DreamMail is a powerful, yet somewhat obscure, email client software for Windows with features filled to the brim. It was designed to handle multi-user and multi email account, and supports SMTP, eSMTP, POP 3, and even RSS feeds. You can even access webmail accounts such as Yahoo which doesn’t have POP3 access for free users. With support for filters, labels, mail blacklist/whitelist, search and other functions, DreamMail makes for a pretty darn good email program. It’s two sore spots are - lack of support for IMAP and poor junk filtering capabilities.
Given below, in brief, are some of the features of Dream Mail.
Multi-accounts and Multi-users: A single DreamMail installation can be used by multiple users who share your computer, such as the family PC. You can’t read your mom’s email and neither can she read yours, and both can have multiple email accounts. Each user’s account is password protected.
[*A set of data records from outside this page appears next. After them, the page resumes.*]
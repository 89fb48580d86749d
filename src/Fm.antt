-- ===== src/Fm.antt =====
-- src/fm.c: conversion between bytes and FM bitcells, in place, over the table of src/mfm.c.
pub mod Spec
pub mod Table
pub mod Encode
pub mod Check
pub mod Sync
mod Tests
use flashfloppy_testbed.Prelude.{
  ℕ, zero, suc, ◌+◌, ◌-◌, ◌*◌, List, [], ◌∷◌, bit_and, bit_or, ◌==◌, if◌then◌else◌,
}
use flashfloppy_testbed.Mem.{Mem, u16, load16, store16, rev16}
use flashfloppy_testbed.Mfm.{bintomfm, mfmtobin, mfm_to_bin}

-- `fm_sync`
unfoldable pub fm_sync : ℕ → ℕ → ℕ
fm_sync dat clk =
    let dat_cells = bit_and (bintomfm dat) 0x5555 in
    let clk_cells = u16 (bit_and (bintomfm clk) 0x5555 * 2) in bit_or clk_cells dat_cells

-- The loop of `bin_to_fm`, with `x` loaded from `in_`.
unfoldable pub bin_to_fm_loop : Mem → ℕ → ℕ → ℕ → ℕ → Mem
bin_to_fm_loop m in_ out x zero = m
bin_to_fm_loop m in_ out x (suc nr) =
    let y = m (in_ - 1) in
    bin_to_fm_loop (store16 m (out - 2) (rev16 (bit_or (bintomfm x) 0xaaaa))) (in_ - 1) (out - 2) y
      nr

unfoldable pub bin_to_fm : Mem → ℕ → ℕ → Mem
bin_to_fm m p nr = bin_to_fm_loop m (p + nr - 1) (p + nr * 2) (m (p + nr - 1)) nr

-- `fm_to_bin`
unfoldable pub fm_to_bin : Mem → ℕ → ℕ → Mem
fm_to_bin m p nr = mfm_to_bin m p nr

-- `fm_check` from word `i` on. Returns the words it warns of.
unfoldable pub fm_check_loop : Mem → ℕ → ℕ → ℕ → List ℕ
fm_check_loop m in_ i zero = []
fm_check_loop m in_ i (suc nr) =
    let b = rev16 (load16 m in_) in
    let c = bit_or (bintomfm (mfmtobin b)) 0xaaaa in
    let rest = fm_check_loop m (in_ + 2) (i + 1) nr in if b == c then rest else i ∷ rest

unfoldable pub fm_check : Mem → ℕ → ℕ → List ℕ
fm_check m p nr = fm_check_loop m p 0 nr
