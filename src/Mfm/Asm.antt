-- ===== src/Mfm/Asm.antt =====
-- `mfmtobin` picks out the data bits, and the table is the MFM rule.
use flashfloppy_testbed.Prelude.{ℕ, zero, suc, ◌+◌, ◌-◌, ◌*◌, ◌/◌, ◌%◌, ◌^◌, ◌<◌, ◌≡◌, refl, arith}
use flashfloppy_testbed.Prelude.{
  true, leb, eq_below, ◌==◌, ==_iff, all_below, all_below-lt, ap, ap₂, sym, ◌∙◌, if◌then◌else◌,
}
use flashfloppy_testbed.Bits.And.{bit_and_low, bit_and_mask}
use flashfloppy_testbed.Mfm.{bintomfm, shift_pairs, rev32, mfmtobin_from, mfmtobin, clear_clock}
use flashfloppy_testbed.Mfm.Spec.{mfm_word, word_data, data_bits}
use flashfloppy_testbed.Mem.{u8, u16}
use native.Mathlib.Nat.{pow-suc, one-le-pow, mul-add-div_right, div-div-eq-div-mul}

carry : (n p b s : ℕ) → p * 2 ^ n ≡ 2 ^ 31 → (b * 2 ^ 31 + s) / 2 ^ n ≡ b * p + s / 2 ^ n
carry n p b s e =
    let scaled : b * 2 ^ 31 ≡ b * p * 2 ^ n = omega (arith, ap (λ (t : ℕ). b * t) e) in
    ap (λ (t : ℕ). (t + s) / 2 ^ n) scaled
    ∙ mul-add-div_right {m = 2 ^ n} (one-le-pow n 2 (omega arith)) (b * p) s

quarters : (x : ℕ) → x / 4 / 2 ≡ x / 2 / 4
quarters x = omega arith

-- After `n` lines the carries are the `n` top bits, the last of them highest; `p` is the weight of
-- the first.
shift_pairs_lem :
    (n p y x : ℕ) → p * 2 ^ n ≡ 2 ^ 32 → shift_pairs n y x ≡ data_bits n (x / 2) * p + y / 2 ^ n
unfolding shift_pairs
shift_pairs_lem zero p y x e = omega arith
shift_pairs_lem (suc n) p y x e =
    let half : p * 2 ^ n ≡ 2 ^ 31 = omega (arith, ap (λ (t : ℕ). p * t) (pow-suc 2 n)) in
    let rest = shift_pairs_lem n (2 * p) (x / 2 % 2 * 2 ^ 31 + y / 2) (x / 4) (omega arith) in
    rest
    ∙ omega (
      arith,
      carry n p (x / 2 % 2) (y / 2) half,
      halved,
      ap (λ (t : ℕ). data_bits n t * p) (quarters x),
    )
  where
    halved : y / 2 / 2 ^ n ≡ y / 2 ^ suc n
    halved = div-div-eq-div-mul y 2 (2 ^ n) ∙ ap (λ (t : ℕ). y / t) (omega (arith, pow-suc 2 n))

-- The topmost clock bit is not read.
clock_free : (n x c : ℕ) → data_bits (suc n) (x + c * (2 * 4 ^ n)) ≡ data_bits (suc n) x
clock_free zero x c = omega arith
clock_free (suc n) x c =
    let w : c * (2 * 4 ^ suc n) ≡ c * (2 * 4 ^ n) * 4 =
      omega (arith, ap (λ (t : ℕ). c * t) (pow-suc 4 n)) in
    ap₂ (λ (d r : ℕ). d + 2 * data_bits (suc n) r) (ap (λ (t : ℕ). (x + t) % 2) w ∙ omega arith)
      (ap (λ (t : ℕ). (x + t) / 4) w ∙ omega arith)
    ∙ ap (λ (r : ℕ). x % 2 + 2 * r) (clock_free n (x / 4) c)

shifted_data : (x : ℕ) → x < 65536 → data_bits 8 (u16 (x * 2) / 2) ≡ data_bits 8 x
shifted_data x h =
    ap (data_bits 8) (omega arith)
    ∙ sym (clock_free 7 (x % 32768) (x / 32768))
    ∙ ap (data_bits 8) (omega arith)

data_bits-lt : (x : ℕ) → data_bits 8 x < 256
data_bits-lt x = omega arith

top_byte : (d g : ℕ) → d < 256 → g < 2 ^ 32 → u8 (rev32 (d * 2 ^ 24 + g / 2 ^ 8)) ≡ d
unfolding rev32
top_byte d g h k = omega arith

-- The assembly yields the data bits of the word, whatever stood in its register.
pub mfmtobin_from-word_data :
    (garbage x : ℕ) → garbage < 2 ^ 32 → x < 65536 → mfmtobin_from garbage x ≡ word_data x
unfolding mfmtobin_from word_data
mfmtobin_from-word_data garbage x g h =
    rw (shift_pairs_lem 8 (2 ^ 24) garbage (u16 (x * 2)) refl, shifted_data x h)
      (top_byte (data_bits 8 x) garbage (data_bits-lt x) g)

pub mfmtobin-word_data : (x : ℕ) → x < 65536 → mfmtobin x ≡ word_data x
unfolding mfmtobin
mfmtobin-word_data x h = mfmtobin_from-word_data 0 x (omega arith) h

pub word_data-lt : (w : ℕ) → word_data w < 256
unfolding word_data
word_data-lt w = omega arith

zero_checked : all_below 256 (λ x. bintomfm x == mfm_word 0 x) ≡ true
unfolding all_below mfm_word bintomfm
zero_checked = refl

one_checked : all_below 256 (λ x. bintomfm x % 32768 == mfm_word 1 x) ≡ true
unfolding all_below mfm_word bintomfm
one_checked = refl

range_checked : all_below 256 (λ x. bintomfm x / 65536 == 0) ≡ true
unfolding all_below bintomfm
range_checked = refl

data_checked : all_below 256 (λ x. word_data (mfm_word 0 x) == x) ≡ true
unfolding all_below mfm_word word_data
data_checked = refl

data_one_checked : all_below 256 (λ x. word_data (mfm_word 1 x) == x) ≡ true
unfolding all_below mfm_word word_data
data_one_checked = refl

pub bintomfm-mfm_word : (x : ℕ) → x < 256 → bintomfm x ≡ mfm_word 0 x
bintomfm-mfm_word x h = (==_iff _ _).0 (all_below-lt 256 _ x zero_checked h)

bintomfm-mfm_word_one : (x : ℕ) → x < 256 → bintomfm x % 32768 ≡ mfm_word 1 x
bintomfm-mfm_word_one x h = (==_iff _ _).0 (all_below-lt 256 _ x one_checked h)

pub bintomfm-lt : (x : ℕ) → x < 256 → bintomfm x < 65536
bintomfm-lt x h =
    let high : bintomfm x / 65536 ≡ 0 = (==_iff _ _).0 (all_below-lt 256 _ x range_checked h) in
    omega arith

pub word_data-mfm_word : (prev x : ℕ) → prev < 2 → x < 256 → word_data (mfm_word prev x) ≡ x
word_data-mfm_word zero x h k = (==_iff _ _).0 (all_below-lt 256 _ x data_checked k)
word_data-mfm_word (suc zero) x h k = (==_iff _ _).0 (all_below-lt 256 _ x data_one_checked k)
word_data-mfm_word (suc (suc prev)) x h k = absurd (omega arith)

-- The mask keeps bit 15 unless the lowest bit of `y` is set.
clear_clock_lem :
    (w y : ℕ) → w < 65536 → y < 65536 → clear_clock w y ≡ (if y % 2 == 1 then w % 32768 else w)
unfolding clear_clock
clear_clock_lem w y h k = ground (
  arith,
  bit_and_low 16 w (2 ^ 32 - 1 - y * 2 ^ 15 % 2 ^ 32),
  bit_and_mask 15 w,
  bit_and_mask 16 w,
)

-- Table and mask together give the MFM rule behind any byte or word.
pub clear_clock-mfm_word :
    (x y : ℕ) → x < 256 → y < 65536 → clear_clock (bintomfm x) y ≡ mfm_word (y % 2) x
clear_clock-mfm_word x y h k = ground (
  arith,
  clear_clock_lem (bintomfm x) y (bintomfm-lt x h) k,
  bintomfm-mfm_word x h,
  bintomfm-mfm_word_one x h,
)

pub mfm_word-lt : (prev x : ℕ) → prev < 2 → x < 256 → mfm_word prev x < 65536
mfm_word-lt zero x h k = omega (arith, bintomfm-mfm_word x k, bintomfm-lt x k)
mfm_word-lt (suc zero) x h k = omega (arith, bintomfm-mfm_word_one x k)
mfm_word-lt (suc (suc prev)) x h k = absurd (omega arith)

parity_zero : all_below 256 (λ x. mfm_word 0 x % 2 == x % 2) ≡ true
unfolding all_below mfm_word
parity_zero = refl

parity_one : all_below 256 (λ x. mfm_word 1 x % 2 == x % 2) ≡ true
unfolding all_below mfm_word
parity_one = refl

middle_zero : all_below 256 (λ x. mfm_word 0 x / 256 % 2 == x / 16 % 2) ≡ true
unfolding all_below mfm_word
middle_zero = refl

middle_one : all_below 256 (λ x. mfm_word 1 x / 256 % 2 == x / 16 % 2) ≡ true
unfolding all_below mfm_word
middle_one = refl

-- Only behind a leading zero bit does the first clock depend on the byte before.
clock_checked :
    all_below 256 (λ x. mfm_word 1 x + (if leb 128 x then 0 else 32768) == mfm_word 0 x) ≡ true
unfolding all_below mfm_word
clock_checked = refl

-- The lowest bitcell of a word is the byte's lowest bit.
pub mfm_word_parity : (prev x : ℕ) → prev < 2 → x < 256 → mfm_word prev x % 2 ≡ x % 2
mfm_word_parity zero x h k = eq_below 256 (λ x. mfm_word 0 x % 2) (λ x. x % 2) x parity_zero k
mfm_word_parity (suc zero) x h k = eq_below 256 (λ x. mfm_word 1 x % 2) (λ x. x % 2) x parity_one k
mfm_word_parity (suc (suc prev)) x h k = absurd (omega arith)

-- The lowest bitcell of its high half is the byte's bit 4.
pub mfm_word_middle : (prev x : ℕ) → prev < 2 → x < 256 → mfm_word prev x / 256 % 2 ≡ x / 16 % 2
mfm_word_middle zero x h k =
    eq_below 256 (λ x. mfm_word 0 x / 256 % 2) (λ x. x / 16 % 2) x middle_zero k
mfm_word_middle (suc zero) x h k =
    eq_below 256 (λ x. mfm_word 1 x / 256 % 2) (λ x. x / 16 % 2) x middle_one k
mfm_word_middle (suc (suc prev)) x h k = absurd (omega arith)

pub mfm_word_clock :
    (x : ℕ) → x < 256 → mfm_word 1 x + (if leb 128 x then 0 else 32768) ≡ mfm_word 0 x
mfm_word_clock x k =
    eq_below 256 (λ x. mfm_word 1 x + (if leb 128 x then 0 else 32768)) (mfm_word 0) x clock_checked
      k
Protocol support: Common email protocols POP3, SMTP, ESMTP are supported. As already said, IMAP is not supported. Webmails like Hotmail or Yahoo! are easily reachable from the User Interface.
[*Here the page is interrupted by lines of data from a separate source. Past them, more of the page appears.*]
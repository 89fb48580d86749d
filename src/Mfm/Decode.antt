-- ===== src/Mfm/Decode.antt =====
-- `mfm_to_bin` decodes in place: the write pointer never overtakes the read pointer.
use flashfloppy_testbed.Prelude.{ℕ, zero, suc, ◌+◌, ◌*◌, ◌<◌, ◌≤◌, ◌≡◌, ◌⊎◌, refl, arith}
use flashfloppy_testbed.Prelude.{ap, ◌∙◌}
use flashfloppy_testbed.Mem.{Mem, IsMem, store8, load16, rev16, word_at}
use flashfloppy_testbed.Mem.Access.{store8-IsMem, rev16-load16}
use flashfloppy_testbed.Mfm.{mfmtobin, mfm_to_bin_loop, mfm_to_bin}
use flashfloppy_testbed.Mfm.Spec.{word_data}
use flashfloppy_testbed.Mfm.Asm.{mfmtobin-word_data, word_data-lt}

pub word_at-lt : (m : Mem) (p : ℕ) → IsMem m → word_at m p < 65536
word_at-lt m p h = omega (arith, h p, h (p + 1))

-- What one round stores.
pub decoded-word_data :
    (m : Mem) (p : ℕ) → IsMem m → mfmtobin (rev16 (load16 m p)) ≡ word_data (word_at m p)
decoded-word_data m p h =
    ap mfmtobin (rev16-load16 m p h) ∙ mfmtobin-word_data (word_at m p) (word_at-lt m p h)

-- `m'` holds the data of the `nr` words of `m` at `in_` as bytes at `out`, and is `m` elsewhere.
pub record IsDecoded (m m' : Mem) (in_ out nr : ℕ) : Type 0 where
  pub is_mem : IsMem m'
  pub inside : (k : ℕ) → k < nr → m' (out + k) ≡ word_data (word_at m (in_ + k * 2))
  pub outside : (a : ℕ) → (a < out) ⊎ (out + nr ≤ a) → m' a ≡ m a

module _ (m : Mem) (in_ out : ℕ) (h : IsMem m) (le : out ≤ in_) where
  abbrev decoded : ℕ
  decoded = mfmtobin (rev16 (load16 m in_))

  stored : store8 m out decoded out ≡ word_data (word_at m in_)
  unfolding store8
  stored = ground (arith, decoded-word_data m in_ h, word_data-lt (word_at m in_))

  kept : (a : ℕ) → (a < out) ⊎ (out < a) → store8 m out decoded a ≡ m a
  unfolding store8
  kept a o = ground arith

  IsDecoded-cons :
      (r : Mem) (nr : ℕ)
      → IsDecoded (store8 m out decoded) r (in_ + 2) (out + 1) nr
      → IsDecoded m r in_ out (suc nr)
  IsDecoded-cons r nr rest = record {
    is_mem = rest.is_mem;
    inside = inside;
    outside = λ a o. ground (arith, rest.outside a, kept a);
  }
    where
      inside : (k : ℕ) → k < suc nr → r (out + k) ≡ word_data (word_at m (in_ + k * 2))
      inside zero l = ground (arith, stored, rest.outside (out + 0), decoded-word_data m in_ h)
      inside (suc k) l =
          ground (arith, rest.inside k, kept (in_ + 2 + k * 2), kept (in_ + 2 + k * 2 + 1))

loop-IsDecoded :
    (nr : ℕ) (m : Mem) (in_ out : ℕ)
    → IsMem m
    → out ≤ in_
    → IsDecoded m (mfm_to_bin_loop m in_ out nr) in_ out nr
unfolding mfm_to_bin_loop
loop-IsDecoded zero m in_ out h le = record {
  is_mem = h;
  inside = λ k l. absurd (omega arith);
  outside = λ a o. refl;
}
loop-IsDecoded (suc nr) m in_ out h le = IsDecoded-cons m in_ out h le _ nr (
    loop-IsDecoded nr (store8 m out (decoded m in_ out h le)) (in_ + 2) (out + 1)
      (store8-IsMem m out (decoded m in_ out h le) h) (omega arith))

-- `mfm_to_bin(p, nr)` leaves the data bits of the `nr` big-endian words at `p` as `nr` bytes at
-- `p`, each word read before it is overwritten, and changes no other byte.
pub mfm_to_bin-IsDecoded : (m : Mem) (p nr : ℕ) → IsMem m → IsDecoded m (mfm_to_bin m p nr) p p nr
unfolding mfm_to_bin
mfm_to_bin-IsDecoded m p nr h = loop-IsDecoded nr m p p h (omega arith)
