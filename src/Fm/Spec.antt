-- ===== src/Fm/Spec.antt =====
-- FM by its rule: each data bit follows a clock bit that is set.
use flashfloppy_testbed.Prelude.{ℕ, zero, suc, ◌+◌, ◌*◌, ◌/◌, ◌%◌}

-- The `n` low bits of `x` at every second place.
abbrev pub spread : ℕ → ℕ → ℕ
spread zero x = 0
spread (suc n) x = x % 2 + 4 * spread n (x / 2)

unfoldable pub fm_word : ℕ → ℕ
fm_word x = 2 * spread 8 0xff + spread 8 x
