-- ===== src/Fm/Table.antt =====
-- The table's data bits, and the table with all clocks set.
use flashfloppy_testbed.Prelude.{ℕ, ◌<◌, ◌≡◌, refl, arith, true, ◌==◌}
use flashfloppy_testbed.Prelude.{bit_and, bit_or, all_below, eq_below}
use flashfloppy_testbed.Mfm.{bintomfm}
use flashfloppy_testbed.Mfm.Spec.{word_data}
use flashfloppy_testbed.Fm.Spec.{spread, fm_word}

data_checked : all_below 256 (λ x. bit_and (bintomfm x) 0x5555 == spread 8 x) ≡ true
unfolding all_below bintomfm
data_checked = refl

clock_checked : all_below 256 (λ x. bit_or (bintomfm x) 0xaaaa == fm_word x) ≡ true
unfolding all_below bintomfm fm_word
clock_checked = refl

decode_checked : all_below 256 (λ x. word_data (fm_word x) == x) ≡ true
unfolding all_below word_data fm_word
decode_checked = refl

pub bintomfm-spread : (x : ℕ) → x < 256 → bit_and (bintomfm x) 0x5555 ≡ spread 8 x
bintomfm-spread x h = eq_below 256 (λ y. bit_and (bintomfm y) 0x5555) (spread 8) x data_checked h

pub bintomfm-fm_word : (x : ℕ) → x < 256 → bit_or (bintomfm x) 0xaaaa ≡ fm_word x
bintomfm-fm_word x h = eq_below 256 (λ y. bit_or (bintomfm y) 0xaaaa) fm_word x clock_checked h

pub word_data-fm_word : (x : ℕ) → x < 256 → word_data (fm_word x) ≡ x
word_data-fm_word x h = eq_below 256 (λ y. word_data (fm_word y)) (λ y. y) x decode_checked h

pub fm_word-lt : (x : ℕ) → fm_word x < 65536
unfolding fm_word
fm_word-lt x = omega arith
Message sorting: Quickly sort mails by unread, read, from a particular sender, mails with attachment, mails received/sent during a certain period such as 1 week, 2 weeks etc. You can also filter emails by subject, content, priority, flag and others.
Messages filtering: You can use blacklists or whitelists of email addresses, subject, message content, source, IP addresses, header and more to make sure important mails are never missed and junk emails do not clutter your inbox. The programs automatic junk filtering however leaves a lot to be desired.
Mail categorizing: Assign priority and colored labels to emails, or move them to virtual folders.
View in HTML or TEXT mode: Received mails can be displayed on HTML mode or TEXT mode with or without online preview. E-mails header are also shown.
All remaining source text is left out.